[[ EXERCISE DATA open ]]

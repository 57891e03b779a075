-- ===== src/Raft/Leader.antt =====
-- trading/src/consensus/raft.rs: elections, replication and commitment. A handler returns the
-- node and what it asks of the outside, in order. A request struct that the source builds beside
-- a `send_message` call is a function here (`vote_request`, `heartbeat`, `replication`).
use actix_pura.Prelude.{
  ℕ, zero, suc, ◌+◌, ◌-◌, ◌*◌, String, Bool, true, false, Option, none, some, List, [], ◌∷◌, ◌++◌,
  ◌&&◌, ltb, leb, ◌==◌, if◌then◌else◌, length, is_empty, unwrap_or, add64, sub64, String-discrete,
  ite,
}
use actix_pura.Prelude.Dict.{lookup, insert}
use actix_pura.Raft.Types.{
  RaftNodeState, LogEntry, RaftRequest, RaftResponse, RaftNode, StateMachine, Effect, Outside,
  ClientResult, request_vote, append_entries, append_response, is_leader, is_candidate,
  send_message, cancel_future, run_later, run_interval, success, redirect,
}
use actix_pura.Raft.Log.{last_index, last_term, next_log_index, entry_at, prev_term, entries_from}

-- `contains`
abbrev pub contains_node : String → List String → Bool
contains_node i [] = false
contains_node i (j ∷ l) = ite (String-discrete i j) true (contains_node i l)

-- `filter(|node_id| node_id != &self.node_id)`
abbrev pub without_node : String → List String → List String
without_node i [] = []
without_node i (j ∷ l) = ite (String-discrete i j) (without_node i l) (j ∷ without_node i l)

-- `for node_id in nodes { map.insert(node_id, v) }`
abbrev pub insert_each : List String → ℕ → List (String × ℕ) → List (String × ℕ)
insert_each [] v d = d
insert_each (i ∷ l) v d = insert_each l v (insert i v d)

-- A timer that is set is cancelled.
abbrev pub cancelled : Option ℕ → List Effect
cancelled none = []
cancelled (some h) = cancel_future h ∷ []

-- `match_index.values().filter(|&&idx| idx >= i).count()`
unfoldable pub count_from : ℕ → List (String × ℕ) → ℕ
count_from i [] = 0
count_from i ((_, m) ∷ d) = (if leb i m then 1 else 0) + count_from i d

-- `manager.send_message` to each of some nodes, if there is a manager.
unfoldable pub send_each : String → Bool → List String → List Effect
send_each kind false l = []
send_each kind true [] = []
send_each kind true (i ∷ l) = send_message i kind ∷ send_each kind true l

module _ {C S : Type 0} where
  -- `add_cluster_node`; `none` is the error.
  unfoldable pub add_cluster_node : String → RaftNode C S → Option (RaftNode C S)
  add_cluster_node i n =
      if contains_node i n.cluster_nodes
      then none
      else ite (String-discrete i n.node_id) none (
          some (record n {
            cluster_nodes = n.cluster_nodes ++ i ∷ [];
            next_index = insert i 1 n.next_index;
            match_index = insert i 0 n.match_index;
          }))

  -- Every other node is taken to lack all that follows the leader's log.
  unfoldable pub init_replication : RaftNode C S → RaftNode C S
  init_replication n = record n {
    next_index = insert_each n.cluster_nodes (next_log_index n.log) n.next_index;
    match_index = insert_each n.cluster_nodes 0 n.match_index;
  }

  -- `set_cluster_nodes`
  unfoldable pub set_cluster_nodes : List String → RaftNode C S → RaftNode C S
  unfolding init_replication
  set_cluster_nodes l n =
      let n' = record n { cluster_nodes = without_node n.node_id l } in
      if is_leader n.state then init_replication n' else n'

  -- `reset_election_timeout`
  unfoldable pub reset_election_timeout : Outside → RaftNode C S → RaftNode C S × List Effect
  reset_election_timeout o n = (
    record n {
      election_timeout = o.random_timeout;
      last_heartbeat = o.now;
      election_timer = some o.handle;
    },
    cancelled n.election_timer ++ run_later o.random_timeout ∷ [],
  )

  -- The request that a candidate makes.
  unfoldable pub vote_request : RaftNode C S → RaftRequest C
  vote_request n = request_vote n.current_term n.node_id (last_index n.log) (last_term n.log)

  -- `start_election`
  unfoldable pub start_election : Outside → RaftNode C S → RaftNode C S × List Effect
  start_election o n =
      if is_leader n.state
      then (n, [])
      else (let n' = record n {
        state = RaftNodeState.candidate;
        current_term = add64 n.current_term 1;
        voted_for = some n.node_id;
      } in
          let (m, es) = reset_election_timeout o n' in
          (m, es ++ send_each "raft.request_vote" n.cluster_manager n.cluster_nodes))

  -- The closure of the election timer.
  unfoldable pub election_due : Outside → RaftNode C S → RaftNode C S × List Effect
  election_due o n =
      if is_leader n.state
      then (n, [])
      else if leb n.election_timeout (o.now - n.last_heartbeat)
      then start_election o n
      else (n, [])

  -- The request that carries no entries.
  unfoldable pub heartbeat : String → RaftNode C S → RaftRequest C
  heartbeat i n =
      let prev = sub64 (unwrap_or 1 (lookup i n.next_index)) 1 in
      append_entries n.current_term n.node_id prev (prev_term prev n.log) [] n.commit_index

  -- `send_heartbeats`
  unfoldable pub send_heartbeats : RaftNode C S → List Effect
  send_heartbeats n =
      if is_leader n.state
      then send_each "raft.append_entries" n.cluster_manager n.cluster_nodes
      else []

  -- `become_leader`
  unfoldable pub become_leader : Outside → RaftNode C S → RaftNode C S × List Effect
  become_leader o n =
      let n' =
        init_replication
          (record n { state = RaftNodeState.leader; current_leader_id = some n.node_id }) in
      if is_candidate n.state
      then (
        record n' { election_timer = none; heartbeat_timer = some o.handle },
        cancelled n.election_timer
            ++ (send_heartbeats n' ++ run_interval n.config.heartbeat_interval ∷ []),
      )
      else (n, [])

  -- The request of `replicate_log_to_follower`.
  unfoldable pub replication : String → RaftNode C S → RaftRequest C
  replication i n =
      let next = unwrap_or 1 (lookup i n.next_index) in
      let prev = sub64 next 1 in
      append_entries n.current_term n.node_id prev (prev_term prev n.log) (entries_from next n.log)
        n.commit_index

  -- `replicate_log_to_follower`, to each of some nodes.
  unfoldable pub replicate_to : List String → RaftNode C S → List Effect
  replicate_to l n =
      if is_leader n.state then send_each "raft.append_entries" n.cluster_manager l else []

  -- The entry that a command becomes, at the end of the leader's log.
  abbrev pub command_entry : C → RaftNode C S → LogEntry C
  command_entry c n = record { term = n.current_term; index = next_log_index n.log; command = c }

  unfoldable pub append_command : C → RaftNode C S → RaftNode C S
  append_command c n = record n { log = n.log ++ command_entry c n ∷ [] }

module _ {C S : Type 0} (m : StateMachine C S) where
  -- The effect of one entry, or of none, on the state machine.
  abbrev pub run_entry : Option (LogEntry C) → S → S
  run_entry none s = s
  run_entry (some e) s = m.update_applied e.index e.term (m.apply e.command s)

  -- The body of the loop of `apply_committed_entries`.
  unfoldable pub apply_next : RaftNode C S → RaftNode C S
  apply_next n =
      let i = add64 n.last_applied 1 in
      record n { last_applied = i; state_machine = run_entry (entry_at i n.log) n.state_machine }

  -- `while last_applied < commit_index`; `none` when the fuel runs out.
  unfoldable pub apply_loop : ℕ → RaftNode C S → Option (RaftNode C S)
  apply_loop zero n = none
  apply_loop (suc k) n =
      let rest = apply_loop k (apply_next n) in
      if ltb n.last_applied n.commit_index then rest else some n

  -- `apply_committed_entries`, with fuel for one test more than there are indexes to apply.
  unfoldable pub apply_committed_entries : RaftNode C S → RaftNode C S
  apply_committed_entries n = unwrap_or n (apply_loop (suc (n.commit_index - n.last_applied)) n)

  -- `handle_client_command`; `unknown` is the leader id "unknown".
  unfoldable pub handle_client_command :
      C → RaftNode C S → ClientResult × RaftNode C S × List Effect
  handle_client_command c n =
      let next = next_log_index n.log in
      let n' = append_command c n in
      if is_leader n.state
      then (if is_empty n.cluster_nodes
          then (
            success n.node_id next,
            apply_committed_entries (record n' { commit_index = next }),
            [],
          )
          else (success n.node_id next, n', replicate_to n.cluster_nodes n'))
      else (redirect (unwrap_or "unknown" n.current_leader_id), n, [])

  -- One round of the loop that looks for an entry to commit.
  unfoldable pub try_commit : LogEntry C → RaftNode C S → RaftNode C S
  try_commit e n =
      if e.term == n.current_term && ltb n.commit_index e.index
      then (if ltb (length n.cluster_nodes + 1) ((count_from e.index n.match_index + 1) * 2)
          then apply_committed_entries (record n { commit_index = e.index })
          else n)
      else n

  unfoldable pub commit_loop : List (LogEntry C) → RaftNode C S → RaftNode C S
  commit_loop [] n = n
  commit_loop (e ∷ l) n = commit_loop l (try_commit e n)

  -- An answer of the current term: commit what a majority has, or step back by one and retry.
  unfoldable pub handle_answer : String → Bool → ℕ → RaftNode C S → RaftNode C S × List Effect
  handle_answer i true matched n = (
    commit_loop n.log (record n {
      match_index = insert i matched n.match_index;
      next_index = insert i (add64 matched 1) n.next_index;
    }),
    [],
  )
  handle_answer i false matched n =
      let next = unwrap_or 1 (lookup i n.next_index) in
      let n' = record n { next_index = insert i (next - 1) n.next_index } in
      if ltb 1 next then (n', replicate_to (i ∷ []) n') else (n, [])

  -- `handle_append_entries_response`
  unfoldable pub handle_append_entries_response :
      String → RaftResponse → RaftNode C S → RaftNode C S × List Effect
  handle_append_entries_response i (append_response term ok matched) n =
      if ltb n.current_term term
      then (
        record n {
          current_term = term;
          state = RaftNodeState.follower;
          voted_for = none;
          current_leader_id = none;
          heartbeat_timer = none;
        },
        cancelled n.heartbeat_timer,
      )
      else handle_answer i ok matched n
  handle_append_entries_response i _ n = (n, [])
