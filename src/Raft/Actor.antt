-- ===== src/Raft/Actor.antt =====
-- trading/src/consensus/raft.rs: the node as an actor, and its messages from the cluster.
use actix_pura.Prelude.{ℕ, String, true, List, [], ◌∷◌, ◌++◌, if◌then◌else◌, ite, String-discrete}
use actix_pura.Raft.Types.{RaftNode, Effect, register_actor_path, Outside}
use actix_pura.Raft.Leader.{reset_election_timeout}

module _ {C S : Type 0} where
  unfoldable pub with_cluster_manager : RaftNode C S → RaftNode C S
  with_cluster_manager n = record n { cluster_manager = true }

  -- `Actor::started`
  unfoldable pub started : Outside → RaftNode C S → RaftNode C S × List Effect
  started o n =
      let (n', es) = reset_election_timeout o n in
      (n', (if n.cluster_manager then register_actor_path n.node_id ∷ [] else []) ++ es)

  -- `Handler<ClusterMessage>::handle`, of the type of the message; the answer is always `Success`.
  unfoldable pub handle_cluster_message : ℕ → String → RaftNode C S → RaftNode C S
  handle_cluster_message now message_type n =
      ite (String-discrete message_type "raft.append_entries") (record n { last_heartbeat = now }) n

[[ EXERCISE DATA closed ]]

▶ [BRIEF] Search the records for lines holding the word "Prelude", then copy each line you find.

▶ [EXPECTED OUTPUT]
use actix_pura.Prelude.{
use actix_pura.Prelude.Dict.{lookup, insert}
use actix_pura.Prelude.{ℕ, String, true, List, [], ◌∷◌, ◌++◌, if◌then◌else◌, ite, String-discrete}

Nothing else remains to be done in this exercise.